Александр Блок: "Есть среди "реалистов" молодой писатель, который намеками, еще отдаленными пока, являет живую, весеннюю землю, играющую кровь и летучий воздух. Это - Борис Зайцев". А в "Записных книжках" 20 апреля 1907 года Блок отмечает: "Зайцев остается еще пока приготовляющим фон - матовые видения, а когда на солнце - так прозрачные. Если он действительно творец нового реализма (каким считала его критика того времени.- Т. П.), то пусть он разошьет по этому фону пестроту свою"[. И наконец, в статье "Литературные итоги 1907 года" заключает: "Борис Зайцев открывает все те же пленительные страны своего лирического сознания: тихие и прозрачные".

М. Горький, прочитав книгу рассказов Зайцева, называет его в письме Леониду Андрееву (в августе 1907 г.) первым в числе тех, с которыми тот мог бы делать хорошие сборники "Знание", ибо такие, как он, "любят литературу искренно и горячо, а не одеваются в нее для того, чтобы обратить внимание читателя на ничтожество и нищенство своего "я". Однако в другом письме А. Н. Тихонову (А. Сереброву), написанном в это же время, - Горький выражает свое неприятие творческой манеры Зайцева: "Вам, кажется, знаком Б. Зайцев, и Вы немного поддались его манере выражать свою истерическую радость жизни?
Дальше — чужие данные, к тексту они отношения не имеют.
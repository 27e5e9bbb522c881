-- ===== src/Repos/Wizard/Laws.antt =====
-- The wizard of the repositories under presses and late answers.
use apifor_dev.Common.Text
use apifor_dev.Common.{
  ℕ, String, ◌==◌, ◌≡◌, refl, ◌⊎◌, inl, inr, Bool, true, false, ◌||◌, Option, none, some, List, [],
  default,
}
use apifor_dev.Async
use apifor_dev.Async.{text_or, thrown_text, thrown, Outcome, done, returned, Running, until_call}
use apifor_dev.Repos.{listed, RemoteRepo, Repo, Reply, Call, Repos}
use apifor_dev.Repos.Wizard.{press_del, press_edit, press_save}
use apifor_dev.Repos.Save.{save_from, save_repo}
use apifor_dev.Repos.Edit.{edit_from, del_from, confirm_del_repo, save_repo_edit}
use apifor_dev.Async.Press.{guarded_or, press_twice, at_call}

-- A page that waits for no call.
abbrev pub idle : Repos → Running Repos Call Reply
idle s = record { state = s; waiting = [] }

-- An answer with these repositories.
abbrev pub with_repos : List RemoteRepo → Outcome Reply
with_repos l =
    returned
      (record { repos = some l; error = none; url = none; home = ""; code = none; stderr = none })

-- The repositories that an answer lists, and the message of one that lists none.
abbrev pub listing : Outcome Reply → Option (List RemoteRepo)
listing (thrown e) = none
listing (returned r) = elim r.error [ none ↦ some (default [] r.repos) | some m ↦ none ]

abbrev pub complaint : Outcome Reply → Option String
complaint (thrown e) = some (thrown_text e "falha ao listar repositórios")
complaint (returned r) = elim r.error [
  | none ↦ none
  | some m ↦ some (text_or m "falha ao listar repositórios")
]

-- The first of two, or else the second.
abbrev pub or_else {ℓ} : {A : Type ℓ} → Option A → Option A → Option A
or_else none b = b
or_else (some a) b = some a

-- What two answers leave, the later one first.
abbrev pub Shows : String → Outcome Reply → Outcome Reply → Repos → Type 0
Shows prov late early s =
    (s.prov ≡ prov)
    × (s.list ≡ or_else (listing late) (listing early))
    × (s.list_err ≡ default (default "" (complaint early)) (complaint late))
    × (s.loading ≡ false)

abbrev settled : Outcome Reply → Repos → Repos
settled o s = record (listed o s) { loading = false }

abbrev save_off : Repos → Bool
save_off s = s.saving || (Text.trim s.dir == "")

abbrev edit_off : Repos → Bool
edit_off s = s.edit_busy || (Text.trim s.edit_name == "")

save_or :
    (print : Option ℕ → String) (tauri : Bool) (m : Option RemoteRepo) (s : Repos)
    → (save_from print tauri m s ≡ done) ⊎ (save_off (at_call (save_from print tauri m s) s) ≡ true)
unfolding until_call
save_or print tauri none s = inl refl
save_or print tauri (some x) s = inr refl

edit_or :
    (m : Option Repo) (s : Repos)
    → (edit_from m s ≡ done) ⊎ (edit_off (at_call (edit_from m s) s) ≡ true)
unfolding until_call
edit_or none s = inl refl
edit_or (some r) s = guarded_or (Text.trim s.edit_name == "") edit_off _ s refl

del_or :
    (m : Option Repo) (s : Repos) → (del_from m ≡ done) ⊎ ((at_call (del_from m) s).del_busy ≡ true)
unfolding until_call
del_or none s = inl refl
del_or (some r) s = inr refl

-- Clicked again with the pointer before the answer, the buttons that save, rename and remove a repository do nothing.
pub press-twice :
    (print : Option ℕ → String) (tauri : Bool) (s : Repos)
    → (press_save print tauri (at_call (press_save print tauri s) s) ≡ done)
      × (press_edit (at_call (press_edit s) s) ≡ done)
      × (press_del (at_call (press_del s) s) ≡ done)
unfolding press_save press_edit press_del save_repo save_repo_edit confirm_del_repo
press-twice print tauri s = (
  press_twice save_off (save_repo print tauri) s (save_or print tauri s.sel s),
  press_twice edit_off save_repo_edit s (edit_or s.edit s),
  press_twice (λ (t : Repos). t.del_busy) confirm_del_repo s (del_or s.del s),
)
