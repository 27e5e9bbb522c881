-- ===== src/Routines.antt =====
-- The page of the routines (app/dashboard/app/routines/page.tsx): their times, their schedule, and the
-- actions. `Number`, the printing of numbers and the clock are parameters.
pub mod Laws
use apifor_dev.Common.{
  round_div, ℕ, suc, ◌+◌, ◌-◌, ◌/◌, String, ◌==◌, Bool, true, false, ◌||◌, Option, none, some, List,
  [], ◌∷◌, map, ltb, nat_eq, if◌then◌else◌, length,
}
use apifor_dev.Common.Text
use apifor_dev.Async.{thrown, returned, call, Script, done, set, Outcome}
use apifor_dev.Paging.{next_page, prev_page, rows}
use apifor_dev.Queue.{Pager, pager}
use apifor_dev.Paging.{total_pages}

pub record Routine : Type 0 where
  pub id : String
  pub name : String
  pub trigger : String
  pub interval_sec : ℕ
  pub enabled : Bool
  pub last_run : String
  pub next_run : String

-- `Date.now() - new Date(iso).getTime()`: so many milliseconds from now, or ago; or not a number.
pub data Distance : Type 0 where
  ahead ago : ℕ → Distance
  unreadable : Distance

abbrev pub ceil_div : ℕ → ℕ → ℕ
ceil_div a b = (a + (b - 1)) / b

module _ (show : ℕ → String) where
  abbrev within : ℕ → String → String
  within n unit = Text.append "em " (Text.append (show n) unit)

  abbrev since : ℕ → String → String
  since n unit = Text.append (show n) (Text.append unit " atrás")

  abbrev soon : ℕ → String
  soon s =
      if ltb s 60
      then within s "s"
      else if ltb (ceil_div s 60) 60
      then within (ceil_div s 60) "m"
      else within (ceil_div (ceil_div s 60) 60) "h"

  abbrev past : ℕ → String
  past s =
      let m = s / 60 in
      let h = m / 60 in
      if ltb s 60
      then since s "s"
      else if ltb m 60
      then since m "m"
      else if ltb h 24
      then since h "h"
      else since (h / 24) "d"

  unfoldable pub fmt_time : (String → Distance) → String → String
  fmt_time distance iso = if iso == "" then "—" else elim (distance iso) [
    | ahead ms ↦ soon (ceil_div ms 1000)
    | ago ms ↦ past (ms / 1000)
    | unreadable ↦ "NaNd atrás"
  ]

  abbrev pub every : ℕ → String → String
  every n unit = Text.append "A cada " (Text.append (show n) unit)

  unfoldable pub sched_label : Routine → String
  sched_label r =
      let s = r.interval_sec in
      if r.trigger == "schedule"
      then if nat_eq s 0
        then "schedule"
        else if ltb s 60
        then every s "s"
        else if ltb s 3600
        then every (round_div s 60) "min"
        else every (round_div s 3600) "h"
      else "Manual"

-- The form of a new routine.
pub record Form : Type 0 where
  pub name : String
  pub trigger : String
  pub interval : String
  pub prompt : String
  pub repo : String

abbrev pub blank_form : Form
blank_form = record { name = ""; trigger = "manual"; interval = "30"; prompt = ""; repo = "" }

-- `reloads` counts the calls of the poll's `reload`.
pub record Routines : Type 0 where
  pub page : ℕ
  pub new_open : Bool
  pub creating : Bool
  pub f : Form
  pub reloads : ℕ

pub record Call : Type 0 where
  pub method : String
  pub url : String
  pub interval_sec : Option ℕ
  pub fields : List (String × String)

abbrev pub Handler : Type 0
Handler = Script Routines Call Unit

abbrev reload : Routines → Routines
reload s = record s { reloads = suc s.reloads }

abbrev finally : Handler
finally = set (λ s. record s { creating = false }) done

abbrev pub after_create : Outcome Unit → Handler
after_create (returned r) =
    set (λ s. record s { f = blank_form; new_open = false }) (set reload finally)
after_create (thrown e) = finally

-- `Number(f.interval) || 0` is `number`.
abbrev pub new_call : (String → ℕ) → Form → Call
new_call number f = record {
  method = "POST";
  url = "/v1/routines";
  interval_sec = some (number f.interval);
  fields =
      ("name", f.name)
      ∷ ("trigger", f.trigger)
      ∷ ("prompt", f.prompt)
      ∷ (if f.repo == "" then [] else ("repo_id", f.repo) ∷ []);
}

unfoldable pub create : (String → ℕ) → Routines → Handler
create number s =
    if (s.f.name == "") || (s.f.prompt == "")
    then done
    else set (λ t. record t { creating = true }) (call (λ t. new_call number s.f) after_create)

abbrev then_reload : Outcome Unit → Handler
then_reload (returned r) = set reload done
then_reload (thrown e) = done

abbrev pub routine_url : String → String
routine_url id = Text.append "/v1/routines/" id

unfoldable pub del : String → Handler
del id =
    call (λ s. record { method = "DELETE"; url = routine_url id; interval_sec = none; fields = [] })
      then_reload

unfoldable pub act : String → String → Handler
act id a =
    call
      (λ s. record {
        method = "POST";
        url = Text.append (routine_url id) (Text.append "/" a);
        interval_sec = none;
        fields = [];
      })
      then_reload

-- One routine of the list: the button asks for the opposite of its state.
pub record Row : Type 0 where
  pub key : String
  pub name : String
  pub sched : String
  pub status : String × (String × String)
  pub action : String × String
  pub last : String
  pub next : String

module _ (show : ℕ → String) (distance : String → Distance) where
  unfoldable pub row : Routine → Row
  unfolding fmt_time sched_label
  row r = record {
    key = r.id;
    name = r.name;
    sched = sched_label show r;
    status =
        if r.enabled
        then ("ativa", ("var(--green)", "var(--green-tint)"))
        else ("pausada", ("var(--mute)", "var(--border)"));
    action = if r.enabled then ("disable", "Pausar") else ("enable", "Ativar");
    last = fmt_time show distance r.last_run;
    next = fmt_time show distance r.next_run;
  }

  unfoldable pub screen : List Routine → Routines → List Row × Option Pager
  unfolding row rows pager total_pages
  screen list s = (map row (rows 20 s.page list), pager (total_pages 20 (length list)) s.page)

-- The dialog and the pager.
pub data Edit : Type 0 where
  open_new close_new prev next : Edit
  fill : (Form → Form) → Edit

unfoldable pub edit : List Routine → Edit → Routines → Routines
unfolding prev_page next_page total_pages
edit list open_new s = record s { new_open = true }
edit list close_new s = record s { new_open = false }
edit list prev s = record s { page = prev_page s.page }
edit list next s = record s { page = next_page (total_pages 20 (length list)) s.page }
edit list (fill g) s = record s { f = g s.f }
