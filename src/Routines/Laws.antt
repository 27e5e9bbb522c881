-- ===== src/Routines/Laws.antt =====
-- The schedule that a routine shows, and the creation of a routine.
use apifor_dev.Common.{
  round_div, ℕ, suc, ◌+◌, ◌*◌, ◌≤◌, ◌<◌, String, ◌==◌, eq_iff, ◌≡◌, refl, sym, ap, ◌∙◌, ◌↔◌, inl,
  inr, true, false, ◌||◌, List, [], ◌∷◌, arith, ltb, nat_eq, if◌then◌else◌, Bool-cases, if-true,
  if-false,
}
use apifor_dev.Routines.{
  new_call, blank_form, every, after_create, create, Routines, Routine, Call, sched_label,
}
use apifor_dev.Async.{thrown, returned, run, Outcome}

-- A scheduled routine of less than an hour shows its interval rounded to a whole number of minutes,
-- from 1 to 60, which differs from the interval by half a minute at most; it shows sixty minutes
-- instead of an hour exactly from 3570 seconds on.
pub sched_label-minutes :
    (show : ℕ → String) (r : Routine)
    → r.trigger ≡ "schedule"
    → 60 ≤ r.interval_sec
    → r.interval_sec < 3600
    → let m = round_div r.interval_sec 60 in
      (sched_label show r ≡ every show m "min")
      × (1 ≤ m)
      × (60 * m ≤ r.interval_sec + 30)
      × (r.interval_sec ≤ 60 * m + 30)
      × ((m ≡ 60) ↔ (3570 ≤ r.interval_sec))
      × (m ≤ 60)
unfolding sched_label
sched_label-minutes show r t h k =
    let a : nat_eq r.interval_sec 0 ≡ false = ground arith in
    let b : ltb r.interval_sec 60 ≡ false = ground arith in
    let c : ltb r.interval_sec 3600 ≡ true = ground arith in
    (
      if-true _ _ ((eq_iff r.trigger "schedule").1 t)
          ∙ if-false _ _ a
          ∙ if-false _ _ b
          ∙ if-true _ _ c,
      omega arith,
      omega arith,
      omega arith,
      (λ e. omega arith, λ e. omega arith),
      omega arith,
    )

module _ (env : Call → Outcome Unit) (number : String → ℕ) where
  -- The page after the call.
  abbrev pub made : Outcome Unit → Routines → Routines
  made (returned r) s = record s {
    f = blank_form;
    new_open = false;
    creating = false;
    reloads = suc s.reloads;
  }
  made (thrown e) s = record s { creating = false }

  made_lem :
      (o : Outcome Unit) (s : Routines)
      → run env (after_create o) (record s { creating = true }) ≡ (made o s, [])
  unfolding run
  made_lem (returned r) s = refl
  made_lem (thrown e) s = refl

  -- A routine without a name or a prompt is not sent. Any other is sent once; unless the call throws,
  -- the dialog closes with an empty form and the list is read again, whatever the answer, an error
  -- too; if it throws, the dialog stays open with its form. No case leaves the page creating.
  pub run-create_routine :
      (s : Routines)
      → run env (create number s) s ≡ (
          if (s.f.name == "") || (s.f.prompt == "")
          then (s, [])
          else (made (env (new_call number s.f)) s, new_call number s.f ∷ []))
  unfolding run create
  run-create_routine s = elim (Bool-cases ((s.f.name == "") || (s.f.prompt == ""))) [
    | inl e ↦ ap (λ h. run env h s) (if-true _ _ e) ∙ sym (if-true _ _ e)
    | inr e ↦
        ap (λ h. run env h s) (if-false _ _ e)
        ∙ ap (λ (x : Routines × List Call). (x.0, new_call number s.f ∷ x.1))
            (made_lem (env (new_call number s.f)) s)
        ∙ sym (if-false _ _ e)
  ]
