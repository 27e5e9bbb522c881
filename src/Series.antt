-- ===== src/Series.antt =====
-- The rolling window behind the small graphs (`useSeries` in app/dashboard/app/ui.tsx).
use apifor_dev.Common.{
  drop-drop, length-drop, length-append, drop-nil, ℕ, zero, suc, ◌+◌, ◌-◌, ◌≤◌, ◌≡◌, refl, sym, ap,
  ◌∙◌, inl, inr, Bool, true, false, Option, none, some, List, [], ◌∷◌, ◌++◌, append_assoc,
  append-nil, arith, nat_eq, if◌then◌else◌, Bool-cases, length, drop, take_last,
}

-- The samples, and the value and window of the last render, on which the effect depends.
pub record Series : Type 0 where
  pub samples : List ℕ
  pub last : Option ℕ

unfoldable pub empty : Series
empty = record { samples = []; last = none }

abbrev pub same : Option ℕ → ℕ → Bool
same none v = false
same (some u) v = nat_eq u v

-- A render with a value: the effect appends it if it differs from the last render's.
unfoldable pub use_series : ℕ → ℕ → Series → Series
use_series n v s =
    if same s.last v
    then s
    else record { samples = take_last n (s.samples ++ v ∷ []); last = some v }

unfoldable pub renders : ℕ → List ℕ → Series → Series
renders n [] s = s
renders n (v ∷ vs) s = renders n vs (use_series n v s)

-- The values that differ from the one before.
abbrev pub changes : Option ℕ → List ℕ → List ℕ
changes l [] = []
changes l (v ∷ vs) = if same l v then changes l vs else v ∷ changes (some v) vs

drop-append-le {ℓ} :
    {A : Type ℓ} (k : ℕ) (xs ys : List A) → k ≤ length xs → drop k (xs ++ ys) ≡ drop k xs ++ ys
drop-append-le zero xs ys h = refl
drop-append-le (suc k) [] ys h = absurd (omega arith)
drop-append-le (suc k) (x ∷ xs) ys h = drop-append-le k xs ys (omega arith)

drop-take_last {ℓ} :
    {A : Type ℓ} (n : ℕ) (xs ys : List A)
    → let last : List A → List A = λ zs. drop (length zs - n) zs in
      last (last xs ++ ys) ≡ last (xs ++ ys)
drop-take_last n xs ys =
    let k : ℕ = length xs - n in
    let room : k ≤ length xs = omega arith in
    let a : ℕ = length (drop k xs ++ ys) - n in
    let e : k + a ≡ length (xs ++ ys) - n =
      omega (arith, length-append (drop k xs) ys, length-append xs ys, length-drop k xs) in
    ap (drop a) (sym (drop-append-le k xs ys room))
    ∙ drop-drop a k (xs ++ ys)
    ∙ ap (λ m. drop m (xs ++ ys)) e

take_last-take_last {ℓ} :
    {A : Type ℓ} (n : ℕ) (xs ys : List A)
    → take_last n (take_last n xs ++ ys) ≡ take_last n (xs ++ ys)
take_last-take_last n xs ys = elim (Bool-cases (nat_eq n 0)) [
  | inl e ↦ rw e refl
  | inr e ↦ rw e (drop-take_last n xs ys)
]

take_last-nil {ℓ} : {A : Type ℓ} (n : ℕ) → take_last {A = A} n [] ≡ []
take_last-nil n = elim (Bool-cases (nat_eq n 0)) [
  | inl e ↦ rw e refl
  | inr e ↦ rw e (drop-nil (0 - n))
]

use_series-same : (n v : ℕ) (s : Series) → same s.last v ≡ true → use_series n v s ≡ s
unfolding use_series
use_series-same n v s e = rw e refl

use_series-new :
    (n v : ℕ) (past : List ℕ) (l : Option ℕ)
    → same l v ≡ false
    → use_series n v (record { samples = take_last n past; last = l })
      ≡ record { samples = take_last n (past ++ v ∷ []); last = some v }
unfolding use_series
use_series-new n v past l e = rw (e, take_last-take_last) refl

renders_from :
    (n : ℕ) (past vs : List ℕ) (l : Option ℕ)
    → (renders n vs (record { samples = take_last n past; last = l })).samples
      ≡ take_last n (past ++ changes l vs)
unfolding renders
renders_from n past [] l = ap (take_last n) (sym (append-nil past))
renders_from n past (v ∷ vs) l =
    let now : Series = record { samples = take_last n past; last = l } in
    elim (Bool-cases (same l v)) [
      | inl e ↦ rw e (
          ap (λ s. (renders n vs s).samples) (use_series-same n v now e) ∙ renders_from n past vs l)
      | inr e ↦ rw e (
          ap (λ s. (renders n vs s).samples) (use_series-new n v past l e)
          ∙ renders_from n (past ++ v ∷ []) vs (some v)
          ∙ ap (take_last n) (append_assoc past (v ∷ []) (changes (some v) vs)))
    ]

-- After any renders the series is the last n values that differ from their predecessors: a value
-- that stays the same adds no sample.
pub renders-changes :
    (n : ℕ) (vs : List ℕ) → (renders n vs empty).samples ≡ take_last n (changes none vs)
unfolding empty
renders-changes n vs =
    let start : take_last {A = ℕ} n [] ≡ [] = take_last-nil n in
    rw start at (renders_from n [] vs none)
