-- ===== src/Session/Laws.antt =====
-- What a rejected token and the page guard lead to.
use apifor_dev.Common.Text
use apifor_dev.Common.{
  String, ◌==◌, ◌≡◌, refl, ap, inl, inr, Bool, true, false, ◌&&◌, not, Option, none, some, [], ◌∷◌,
  arith, nat_eq, if◌then◌else◌, Bool-cases, default,
}
use apifor_dev.Session.{
  body_of, after_me, me_body, truthy, mount, header_if, Browser, Guarded, Response, Get,
  auth_headers, safe_json, Me,
}
use apifor_dev.Async.{thrown, returned, run, Outcome}

module _ {J : Type 0} (parse : String → Option J) (nothing : J) where
  -- A 401 ends the session: whatever the body, the answer read is empty, the next request carries no
  -- Authorization header, and the browser is sent to the login page unless it is there already. Any
  -- other status keeps the headers and sends the browser nowhere.
  pub safe_json_session :
      (r : Response) (b : Browser)
      → let after = safe_json parse nothing r b in
        let ended : Bool = nat_eq r.status 401 in
        (after.1 ≡ (if ended then nothing else body_of parse nothing r))
        × (auth_headers after.0
            ≡ (if ended then header_if "X-Workspace-ID" "" b.wsp else auth_headers b))
        × (after.0.went ≡ (
            if ended && not (Text.starts_with b.path "/login") then "/login" ∷ b.went else b.went))
  unfolding safe_json body_of auth_headers
  safe_json_session r b = ground arith

module _ (parse : String → Option Me) (encode : String → String) where
  -- Whether the answer to "/v1/me" names the platform's operator.
  abbrev is_operator : Outcome Response → Bool
  is_operator (returned r) = default "" (me_body parse r).role == "superadmin"
  is_operator (thrown e) = false

  after_me_lem :
      (env : Get → Outcome Response) (o : Outcome Response) (g : Guarded)
      → g.authed ≡ none
      → ((run env (after_me parse o) g).1 ≡ [])
        × ((run env (after_me parse o) g).0.authed ≡ (if is_operator o then none else some true))
  unfolding run after_me
  after_me_lem env (returned r) g h =
      elim (Bool-cases (default "" (me_body parse r).role == "superadmin")) [
        | inl e ↦ (refl, rw e h)
        | inr e ↦ (refl, rw e refl)
      ]
  after_me_lem env (thrown e) g h = (refl, refl)

  -- The guard of a page that mounts undecided. With no token (or an empty one) nothing is requested,
  -- the children are never shown, and the browser goes to the login page with the way back. With a
  -- token, "/v1/me" is asked once with the session's headers, and the children are shown unless the
  -- answer names the role "superadmin"; they are shown also when the call failed.
  pub mount_shows :
      (env : Get → Outcome Response) (g : Guarded)
      → g.authed ≡ none
      → let after = run env (mount parse encode g) g in
        let asked : Get = record { url = "/api/v1/me"; headers = auth_headers g.browser } in
        let login : String =
          Text.append "/login?next=" (encode (Text.append g.browser.path g.browser.search)) in
        let known : Bool = truthy g.browser.token in
        (after.1 ≡ (if known then asked ∷ [] else []))
        × (after.0.authed
            ≡ (if known then if is_operator (env asked) then none else some true else none))
        × (after.0.browser.went ≡ (if known then after.0.browser.went else login ∷ g.browser.went))
  unfolding run mount
  mount_shows env g h =
      let asked : Get = record { url = "/api/v1/me"; headers = auth_headers g.browser } in
      elim (Bool-cases (truthy g.browser.token)) [
        | inl e ↦ rw e (
          ap (λ qs. asked ∷ qs) (after_me_lem env (env asked) g h).0,
          (after_me_lem env (env asked) g h).1,
          refl,
        )
        | inr e ↦ rw e (refl, h, refl)
      ]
Это бросьте, советую. Есть такое состояние психики, кое медицина именует: "надеждой фтизиков" - у Зайцева источник вдохновения - именно эта надежда".

Здесь следует заметить, что большинство критиков, анализировавших творчество Зайцева, как и Горький, но без его злого сарказма, именно радость жизни, именно светлое, оптимистическое начало, столь ярко проявляющееся в каждой зайцевской странице, считали главным достоинством его рассказов, повестей, романов, пьес. "Зайцев сумел полюбить эту радость и счастье человека сильнее, чем капризы своей души, или, вернее, он настроил свою душу так, что все ее движения стали откликами этой радости и этого счастья",- писал П. Коган. Он же: "Зайцев слушает трепет жизни во всем, его душа откликается на радость всего живущего. И "вольное зеркальное тело" реки, и серая пыль, и запах дегтя - все одинаково говорит ему о радости жизни, разлитой в природе. Он так любит эту радость, он так ясно ощущает ее, что трагическое жизни не может нарушить ее светлого течения. Печальное-только спутник счастья, а смысл и цель в этом последнем. И кто владеет этим великим уменьем любить радость, пред тем бессильно скорбное и больное. Этим светлым взглядом смотрит Зайцев на все чувства людей".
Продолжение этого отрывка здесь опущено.